An ability to address multiple, often conflicting, issues is what lies at the heart of this new wave of menopausal skincare products. ‘You need powerful collagen boosters and exfoliants at a time when skin becomes more sensitised and redness-prone; and deep hydration while mitigating the risk of breakouts and worsening hot flushes,’ says dermatologist Dr Alia Ahmed, who advises her patients to start on a lowerstrength retinol to make it more tolerable to newly reactive skin, or switch to a gentle alternative such as peptides. ‘A potent exfoliant, like glycolic acid, can be replaced with gentler polyhydroxy acids, while cooling gel moisturisers are as hydrating as thick face butters that could congest oily skin,’ she adds.
Menopausal skincare can offer a real service by pulling all this together in one package. Take Prai x M&S’S Menoglow range, which focuses on collagengenerating peptides and anti-inflammatory centella asiatica with skin-healing essential lipids. Or
Veneffect, whose formulations are built around peptides and phytoestrogens (substances found in plants that can replicate the effects of oestrogen), along with plant molecules proven to encourage renewed production of collagen and elastin without irritation.
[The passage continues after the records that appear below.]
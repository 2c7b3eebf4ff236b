-- ===== src/Executor/MessageHandler/Handling.antt =====
-- Orders, deposits and withdrawals, from a solvent state, as `_process_message` catches them.
use Prim.Native.String.{String}
use mathlib.Core.List.{append-nil}
use lumendark.Common.{
  ℕ, [], ap, ◌∙◌, int_laws, ◌==◌, ◌≡◌, refl, sym, subst, ◌⊎◌, inl, inr, true, false, arith, ℤ, pos,
  ◌+ℤ◌, ◌≤ℤ◌, leb_ℤ, Decimal, Runs, ⊤, ok, Bool-cases,
}
use lumendark.Models.Order.{Asset}
use lumendark.Models.Message.{
  NumberText, malformed, decimal, nan, finite, Reason, accepted, rejected,
}
use lumendark.Storage.UserStore
use lumendark.Storage.UserStore.{UserStore}
use lumendark.Storage.UserStore.Holdings.{supply, asset_eqb}
use lumendark.Storage.UserStore.Cover.{bump, Covers, deposit-Covers}
use lumendark.Storage.UserStore.Supply.{shift, supply-deposit}
use lumendark.Storage.UserStore.OtherAsset.{deposit_other_asset}
use lumendark.Storage.OrderBook.Locked.{locked}
use lumendark.Executor.MessageHandler.{
  State, M, accept, reject, catching, credit_deposit, process_deposit,
}
use lumendark.Storage.UserStore.Totals.{totals, totals-deposit}
use lumendark.Executor.MessageHandler.Chain.{
  Chained, Queued, payloads, nothing, funded, ledger_eq, pos_of_positive,
}
use lumendark.Executor.MessageHandler.Solvency.{IsSolvent, Runs-on_users}

-- After a message: the state is solvent, and either the message is accepted and the supplies have
-- moved by `delta`, or it is rejected and they have not moved.
pub record Handled (delta : Asset → ℤ) (s s' : State) : Type 0 where
  pub solvent : IsSolvent s'
  pub outcome :
      ((s'.message.status ≡ accepted)
        × ((y : Asset) → supply s'.users y ≡ supply s.users y +ℤ delta y))
      ⊎ ((s'.message.status ≡ rejected) × ((y : Asset) → supply s'.users y ≡ supply s.users y))
  -- The actions that were queued, and what they do to the ledger of the chain.
  pub chain :
      ((s'.message.status ≡ accepted) × Chained (funded s.message.user_address delta) s s')
      ⊎ ((s'.message.status ≡ rejected) × Chained nothing s s')

abbrev pub Handles : (Asset → ℤ) → M ⊤ → State → Type 0
Handles delta m s = Handled delta s (catching (m s))

pub Handles-Runs :
    (delta : Asset → ℤ) (m : M ⊤) (s : State)
    → Runs m s (λ _ s'. Handled delta s s')
    → Handles delta m s
Handles-Runs delta m s r = subst (Handled delta s) (sym (caught r.returns)) r.holds
  where
    caught : (m s).0 ≡ ok r.value → catching (m s) ≡ (m s).1
    caught e = rw (catching, e)

-- Nothing was queued, and no total has changed.
pub Chained-nothing :
    (s : State) (users : UserStore)
    → totals users ≡ totals s.users
    → Queued nothing s.users s.actions users s.actions
Chained-nothing s users kept = record {
  new = [];
  queued = sym (append-nil (payloads s.actions));
  steps = ledger_eq (λ v y. omega int_laws) ∙ sym kept;
}

pub Runs-reject :
    (delta : Asset → ℤ) (reason : Reason) (s : State)
    → IsSolvent s
    → Runs (reject reason) s (λ _ s'. Handled delta s s')
Runs-reject delta reason s h = record {
  value = tt;
  returns = refl;
  holds = record {
    solvent = record { book = h.book; covers = h.covers };
    outcome = inr (refl, λ y. refl);
    chain = inr (refl, Chained-nothing s s.users refl);
  };
}

abbrev pub no_move : Asset → ℤ
no_move y = pos 0

pub funded-no_move : (u v : ℕ) (y : Asset) → funded u no_move v y ≡ pos 0
funded-no_move u v y = elim (Bool-cases (v == u)) [ inl own ↦ rw own refl | inr other ↦ rw other ]

pub funded_nothing : (u v : ℕ) (y : Asset) (m : ℤ) → m ≡ m +ℤ funded u no_move v y
funded_nothing u v y m = rw (funded-no_move u v y) (omega int_laws)

pub accepted_nothing :
    (s : State) (users : UserStore)
    → totals users ≡ totals s.users
    → Queued (funded s.message.user_address no_move) s.users s.actions users s.actions
accepted_nothing s users kept = record {
  new = [];
  queued = sym (append-nil (payloads s.actions));
  steps =
      sym (ledger_eq λ v y. funded_nothing s.message.user_address v y (totals s.users v y))
      ∙ sym kept;
}

-- An acceptance of a state that is solvent and has moved its supplies.
pub Runs-accept :
    (delta : Asset → ℤ) (s s' : State)
    → IsSolvent s'
    → ((y : Asset) → supply s'.users y ≡ supply s.users y +ℤ delta y)
    → Chained (funded s.message.user_address delta) s s'
    → Runs accept s' (λ _ t. Handled delta s t)
Runs-accept delta s s' h moved chained = record {
  value = tt;
  returns = refl;
  holds = record {
    solvent = record { book = h.book; covers = h.covers };
    outcome = inl (refl, moved);
    chain =
        inl (refl, record { new = chained.new; queued = chained.queued; steps = chained.steps });
  };
}

pub positive_of : (x : ℤ) → leb_ℤ x (pos 0) ≡ false → pos 1 ≤ℤ x
positive_of x h = ground arith

pub funded-shift :
    (u : ℕ) (x : Asset) (amount : ℤ) (v : ℕ) (y : Asset)
    → pos 1 ≤ℤ amount
    → bump u x amount v y ≡ funded u (shift x amount) v y
funded-shift u x amount v y h = elim (Bool-cases (v == u)) [
  | inl own ↦ elim (Bool-cases (asset_eqb y x)) [
    | inl t ↦ rw (own, t) (sym (pos_of_positive amount h))
    | inr f ↦ rw (own, f) refl
  ]
  | inr other ↦ rw other
]

deposit-Chained :
    (s : State) (x : Asset) (amount : ℤ)
    → pos 1 ≤ℤ amount
    → Chained
        (funded s.message.user_address (shift x amount))
        s
        (record s { users = (UserStore.deposit s.message.user_address x amount s.users).1 })
deposit-Chained s x amount h = record {
  new = [];
  queued = sym (append-nil (payloads s.actions));
  steps = sym (
      ledger_eq λ v y.
        totals-deposit s.users s.message.user_address x amount v y
        ∙ ap (λ (n : ℤ). totals s.users v y +ℤ n)
            (funded-shift s.message.user_address x amount v y h));
}

credit_deposit_real :
    (s : State) (x : Asset) (amount : Decimal)
    → IsSolvent s
    → asset_eqb x x ≡ true
    → Runs (credit_deposit x amount) s (λ _ s'. Handled (shift x amount) s s')
unfolding credit_deposit
credit_deposit_real s x amount h real = elim (Bool-cases (leb_ℤ amount (pos 0))) [
  | inl low ↦
      let r = Runs-reject (shift x amount) Reason.amount_not_positive s h in
      record { value = r.value; returns = rw low r.returns; holds = rw low r.holds }
  | inr high ↦
      let p =
        deposit-Covers s.users s.message.user_address x real (locked s.book) amount
          (positive_of amount high) h.covers in
      let r =
        Runs-on_users (UserStore.deposit s.message.user_address x amount) (λ _. accept) s
          {P = λ _ users.
            Covers users (locked s.book)
            × ((y : Asset) → supply users y ≡ supply s.users y +ℤ shift x amount y)
            × Chained (funded s.message.user_address (shift x amount)) s
                (record s { users = users })}
          {Q = λ _ s'. Handled (shift x amount) s s'}
          (record {
            value = tt;
            returns = p.0;
            holds = (
              p.1,
              supply-deposit s.users s.message.user_address x amount,
              deposit-Chained s x amount (positive_of amount high),
            );
          })
          λ _ users q.
            Runs-accept (shift x amount) s (record s { users = users })
              (record { book = h.book; covers = q.0 }) q.1 q.2 in
      record { value = r.value; returns = rw high r.returns; holds = rw high r.holds }
]

-- An asset that is neither "a" nor "b" raises, after the user may have been created.
credit_deposit_other :
    (s : State) (t : String) (amount : Decimal) (delta : Asset → ℤ)
    → IsSolvent s
    → Handles delta (credit_deposit (Asset.other t) amount) s
unfolding credit_deposit UserStore.deposit
credit_deposit_other s t amount delta h = elim (Bool-cases (leb_ℤ amount (pos 0))) [
  | inl low ↦ rw low (record {
    solvent = record { book = h.book; covers = h.covers };
    outcome = inr (refl, λ y. refl);
    chain = inr (refl, Chained-nothing s s.users refl);
  })
  | inr high ↦
      let p =
        deposit_other_asset s.users s.message.user_address t amount (locked s.book) h.covers in
      rw (high, catching, p.0)
        (record {
          solvent = record { book = h.book; covers = p.1 };
          outcome = inr (refl, p.2);
          chain = inr (refl, Chained-nothing s _ p.3);
        })
]

-- What a message moves in the supplies if it is accepted.
abbrev pub deposited : Asset → NumberText → Asset → ℤ
deposited x (decimal (finite d)) = shift x d
deposited x _ = no_move

-- From a solvent state, a deposit message with any texts leaves a solvent state, and it is
-- accepted, where the sum of the users' totals of its asset has gone up by its amount and the
-- other sums are kept, or rejected, where all are kept. What it queued for the chain leads from
-- each user's totals, with what the payload brings in on top, to the new ones.
pub process_deposit-Handled :
    (s : State) (x : Asset) (text : NumberText)
    → IsSolvent s
    → Handles (deposited x text) (process_deposit x text) s
unfolding process_deposit
process_deposit-Handled s x malformed h =
    Handles-Runs no_move (reject Reason.invalid_amount) s
      (Runs-reject no_move Reason.invalid_amount s h)
process_deposit-Handled s x (decimal nan) h = record {
  solvent = record { book = h.book; covers = h.covers };
  outcome = inr (refl, λ y. refl);
  chain = inr (refl, Chained-nothing s s.users refl);
}
process_deposit-Handled s Asset.a (decimal (finite d)) h =
    Handles-Runs (shift Asset.a d) (credit_deposit Asset.a d) s
      (credit_deposit_real s Asset.a d h refl)
process_deposit-Handled s Asset.b (decimal (finite d)) h =
    Handles-Runs (shift Asset.b d) (credit_deposit Asset.b d) s
      (credit_deposit_real s Asset.b d h refl)
process_deposit-Handled s (Asset.other t) (decimal (finite d)) h =
    credit_deposit_other s t d (shift (Asset.other t) d) h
Meanwhile, the White Pine Meno-reverse range from Korres uses the antioxidant white pine bark extract, which firms up skin without irritation.
And yet, like the ‘clean beauty’ trend that came before, the booming popularity of the category means that among the products that offer genuine results will be others that don’t. Take ‘cooling mists’, which you’ll find in multiple menopause ranges to ease hot flushes via minty essential oils and, less desirably, stonking levels of alcohol. ‘These kinds of ingredients increase the chances of sensitising skin, as do any products that are highly fragranced,’ says dermatologist Dr Emma Wedgeworth, who suggests keeping your usual moisturiser in the fridge for cooling without the chemicals. As for menopausefocused moisturisers promising to tackle sagging and dullness? ‘Hydration is important in menopausal skin, but it’ll do nothing to offset the loss of glow and elasticity,’ say Dr Rebecca Booth, Veneffects co-founder. ‘Without ingredients proven to restore the compounds that are dependent on high oestrogen levels (elastin, collagen and hyaluronic acid), you simply won’t get long-term results.’ Her advice? Invest in evidence-based actives (see over the page for our expertled guide) and give the face oils, butters and serums that don’t feature them a wide berth.